8. The method of claim 1, wherein modifying, based on the at least one remote atomic increment operation, the at least one counter value further comprises:

decrementing, based on the remote atomic increment operation, the counter value as a saturating decrement.

9. The method of claim 1, further comprising:

determining whether the at least one counter value exceeds a threshold; and

based on a determination that the at least one counter value exceeds the threshold, determining an operation that is to be performed on the event source.

10. The method of claim 1, further comprising:

comparing the at least one counter value to a plurality of thresholds; and

selecting, based on the comparison of the at least one counter value to the plurality of thresholds, an operation from a plurality of operations corresponding to different thresholds of the plurality of thresholds that is to be performed on the event source.

11. The method of claim 1, further comprising:

determining, based on a bit vector, a region of memory that is modified.

12. The method of claim 1, further comprising:

utilizing an atomic swap to read the at least one counter value and to reset a counter associated with the at least one counter value.

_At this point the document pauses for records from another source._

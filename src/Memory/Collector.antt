-- ===== src/Memory/Collector.antt =====
-- `GarbageCollector` of vm/MemoryManager.cpp.
pub mod Objects
pub mod Marking
pub mod Reachable
pub mod Marked
pub mod Correct
pub mod Roots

13. An apparatus for scalable counters-based event detection, the apparatus comprising:

hardware configured to:

receive at least one event notification from an event source of a plurality of event sources;

translate the at least one event notification into at least one remote atomic increment operation; and

modify, based on the at least one remote atomic increment operation, at least one counter value.

14. The apparatus of claim 13, wherein to translate the at least one event notification into the at least one remote atomic increment operation, the hardware is further configured to:

translate, based on a base address of memory that stores the at least one counter value and a Segment Bus-Device-Function (SBDF) value, a Bus-Device-Function (BDF) value, a Bus-Device (BD) value, or a Bus (B) value associated with the event source, the at least one event notification into the at least one remote atomic increment operation.

15. The apparatus of claim 13, wherein the at least one event notification includes at least one correctable error notification.

16. The apparatus of claim 13, wherein to modify, based on the at least one remote atomic increment operation, the at least one counter value, the hardware is further configured to:

increment, based on the at least one remote atomic increment operation, the at least one counter value as a saturating increment at a specified address space of memory.

17. The apparatus of claim 13, wherein to modify, based on the at least one remote atomic increment operation, the at least one counter value, the hardware is further configured to:

decrement, based on the at least one remote atomic increment operation, the at least one counter value as a saturating decrement at a specified address space of memory.

18. The apparatus of claim 13, wherein the hardware is further configured to:

translate a portion of the at least one event notification into at least one further remote atomic increment operation; and

modify, based on the at least one further remote atomic increment operation, at least one further counter value.

19. An apparatus for scalable counters-based event detection, the apparatus comprising:

means for receiving, at an event information collector, at least one event notification from an event source of a plurality of event sources, wherein the at least one event notification includes an identification associated with the event source;

means for translating the at least one event notification into at least one remote atomic increment operation; and

means for modifying, based on the at least one remote atomic increment operation, at least one counter value.

20. A non-transitory computer-readable medium storing computer-executable instructions that, when executed by a processor, cause the processor to:

receive, at an event information collector, at least one event notification from an event source of a plurality of event sources, wherein the at least one event notification includes an identification associated with the event source;

translate the at least one event notification into at least one remote atomic increment operation; and

modify, based on the at least one remote atomic increment operation, at least one counter value.